### TO DO:
Each line below must be set down exactly as it stands.

○ ○ ○ ○

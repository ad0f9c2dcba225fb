-- ===== src/Retry/Laws.antt =====
-- How the retry loop ends.
use powerhoc.Common.{ℕ, zero, suc, ◌<◌, true, false, ◌≡◌, refl, arith, Bool-cases, inl, inr}
use powerhoc.Exc.{Errno, Result, ok, err, timeout_error, zmq_error}
use powerhoc.Retry.{Attempt, done, failed, is_retryable, retry}

module _ {S A : Type 0} (call : S → Attempt A × S) (sleep : S → S) where
  -- One round of the loop.
  pub retry_done :
      (n : ℕ) (s : S) {a : A}
      → (call s).0 ≡ done a
      → retry call sleep (suc n) s ≡ (ok a, (call s).1)
  unfolding retry
  retry_done n s h = rw (h, retry)

  pub retry_again :
      (n : ℕ) (s : S) {e : Errno}
      → (call s).0 ≡ failed e
      → is_retryable e ≡ true
      → retry call sleep (suc n) s ≡ retry call sleep n (sleep (call s).1)
  unfolding retry
  retry_again n s h k = rw (h, retry) (rw k)

  pub retry_raise :
      (n : ℕ) (s : S) {e : Errno}
      → (call s).0 ≡ failed e
      → is_retryable e ≡ false
      → retry call sleep (suc n) s ≡ (err (zmq_error e), (call s).1)
  unfolding retry
  retry_raise n s h k = rw (h, retry) (rw k)

  -- The state after so many failed calls, each with its sleep.
  abbrev pub after : ℕ → S → S
  after zero s = s
  after (suc i) s = after i (sleep (call s).1)

  -- So many calls in a row find the socket not ready.
  abbrev pub Blocked : ℕ → S → Type 0
  Blocked zero s = Unit
  Blocked (suc i) s =
      ((e : Errno) × ((call s).0 ≡ failed e) × (is_retryable e ≡ true))
      × Blocked i (sleep (call s).1)

  -- The ways in which the loop can end, with the result of each.
  pub data Ends (n : ℕ) (s : S) (r : Result A × S) : Type 0 where
    answered :
        (i : ℕ) (a : A)
        → i < n
        → Blocked i s
        → (call (after i s)).0 ≡ done a
        → r ≡ (ok a, (call (after i s)).1)
        → Ends n s r
    raised :
        (i : ℕ) (e : Errno)
        → i < n
        → Blocked i s
        → (call (after i s)).0 ≡ failed e
        → is_retryable e ≡ false
        → r ≡ (err (zmq_error e), (call (after i s)).1)
        → Ends n s r
    gave_up : Blocked n s → r ≡ (err timeout_error, after n s) → Ends n s r

  later :
      (n : ℕ) (s : S) (r : Result A × S) (e : Errno)
      → (call s).0 ≡ failed e
      → is_retryable e ≡ true
      → Ends n (sleep (call s).1) r
      → Ends (suc n) s r
  later n s r e h k (answered i a lt b d q) = answered (suc i) a (omega arith) ((e, h, k), b) d q
  later n s r e h k (raised i f lt b d x q) = raised (suc i) f (omega arith) ((e, h, k), b) d x q
  later n s r e h k (gave_up b q) = gave_up ((e, h, k), b) q

  retry_step :
      (n : ℕ) (s : S) (t : Attempt A)
      → (call s).0 ≡ t
      → Ends n (sleep (call s).1) (retry call sleep n (sleep (call s).1))
      → Ends (suc n) s (retry call sleep (suc n) s)
  retry_step n s (done a) h rest = answered 0 a (omega arith) tt h (retry_done n s h)
  retry_step n s (failed e) h rest = elim (Bool-cases (is_retryable e)) [
    | inl k ↦ rw (retry_again n s h k) (later n s _ e h k rest)
    | inr k ↦ raised 0 e (omega arith) tt h k (retry_raise n s h k)
  ]

  -- The loop makes at most `n` calls. It returns the first answer and raises the first error that
  -- is no "not ready", if all calls before that one found the socket not ready; it raises
  -- `TimeoutError` if all `n` calls did. Each "not ready" is followed by one sleep.
  pub retry-Ends : (n : ℕ) (s : S) → Ends n s (retry call sleep n s)
  retry-Ends zero s = gave_up tt (unfold retry in refl)
  retry-Ends (suc n) s = retry_step n s (call s).0 refl (retry-Ends n (sleep (call s).1))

○ ○ ○ ○

### RESPONSE BELOW:
repository ad0f9c2dcba225fb
-- ===== src/Retry/Laws.antt =====
-- How the retry loop ends.
use powerhoc.Common.{ℕ, zero, suc, ◌<◌, true, false, ◌≡◌, refl, arith, Bool-cases, inl, inr}
use powerhoc.Exc.{Errno, Result, ok, err, timeout_error, zmq_error}
use powerhoc.Retry.{Attempt, done, failed, is_retryable, retry}

module _ {S A : Type 0} (call : S → Attempt A × S) (sleep : S → S) where
  -- One round of the loop.
  pub retry_done :
      (n : ℕ) (s : S) {a : A}
      → (call s).0 ≡ done a
      → retry call sleep (suc n) s ≡ (ok a, (call s).1)
  unfolding retry
  retry_done n s h = rw (h, retry)

  pub retry_again :
      (n : ℕ) (s : S) {e : Errno}
      → (call s).0 ≡ failed e
      → is_retryable e ≡ true
      → retry call sleep (suc n) s ≡ retry call sleep n (sleep (call s).1)
  unfolding retry
  retry_again n s h k = rw (h, retry) (rw k)

  pub retry_raise :
      (n : ℕ) (s : S) {e : Errno}
      → (call s).0 ≡ failed e
      → is_retryable e ≡ false
      → retry call sleep (suc n) s ≡ (err (zmq_error e), (call s).1)
  unfolding retry
  retry_raise n s h k = rw (h, retry) (rw k)

  -- The state after so many failed calls, each with its sleep.
  abbrev pub after : ℕ → S → S
  after zero s = s
  after (suc i) s = after i (sleep (call s).1)

  -- So many calls in a row find the socket not ready.
  abbrev pub Blocked : ℕ → S → Type 0
  Blocked zero s = Unit
  Blocked (suc i) s =
      ((e : Errno) × ((call s).0 ≡ failed e) × (is_retryable e ≡ true))
      × Blocked i (sleep (call s).1)

  -- The ways in which the loop can end, with the result of each.
  pub data Ends (n : ℕ) (s : S) (r : Result A × S) : Type 0 where
    answered :
        (i : ℕ) (a : A)
        → i < n
        → Blocked i s
        → (call (after i s)).0 ≡ done a
        → r ≡ (ok a, (call (after i s)).1)
        → Ends n s r
    raised :
        (i : ℕ) (e : Errno)
        → i < n
        → Blocked i s
        → (call (after i s)).0 ≡ failed e
        → is_retryable e ≡ false
        → r ≡ (err (zmq_error e), (call (after i s)).1)
        → Ends n s r
    gave_up : Blocked n s → r ≡ (err timeout_error, after n s) → Ends n s r

  later :
      (n : ℕ) (s : S) (r : Result A × S) (e : Errno)
      → (call s).0 ≡ failed e
      → is_retryable e ≡ true
      → Ends n (sleep (call s).1) r
      → Ends (suc n) s r
  later n s r e h k (answered i a lt b d q) = answered (suc i) a (omega arith) ((e, h, k), b) d q
  later n s r e h k (raised i f lt b d x q) = raised (suc i) f (omega arith) ((e, h, k), b) d x q
  later n s r e h k (gave_up b q) = gave_up ((e, h, k), b) q

  retry_step :
      (n : ℕ) (s : S) (t : Attempt A)
      → (call s).0 ≡ t
      → Ends n (sleep (call s).1) (retry call sleep n (sleep (call s).1))
      → Ends (suc n) s (retry call sleep (suc n) s)
  retry_step n s (done a) h rest = answered 0 a (omega arith) tt h (retry_done n s h)
  retry_step n s (failed e) h rest = elim (Bool-cases (is_retryable e)) [
    | inl k ↦ rw (retry_again n s h k) (later n s _ e h k rest)
    | inr k ↦ raised 0 e (omega arith) tt h k (retry_raise n s h k)
  ]

  -- The loop makes at most `n` calls. It returns the first answer and raises the first error that
  -- is no "not ready", if all calls before that one found the socket not ready; it raises
  -- `TimeoutError` if all `n` calls did. Each "not ready" is followed by one sleep.
  pub retry-Ends : (n : ℕ) (s : S) → Ends n s (retry call sleep n s)
  retry-Ends zero s = gave_up tt (unfold retry in refl)
  retry-Ends (suc n) s = retry_step n s (call s).0 refl (retry-Ends n (sleep (call s).1))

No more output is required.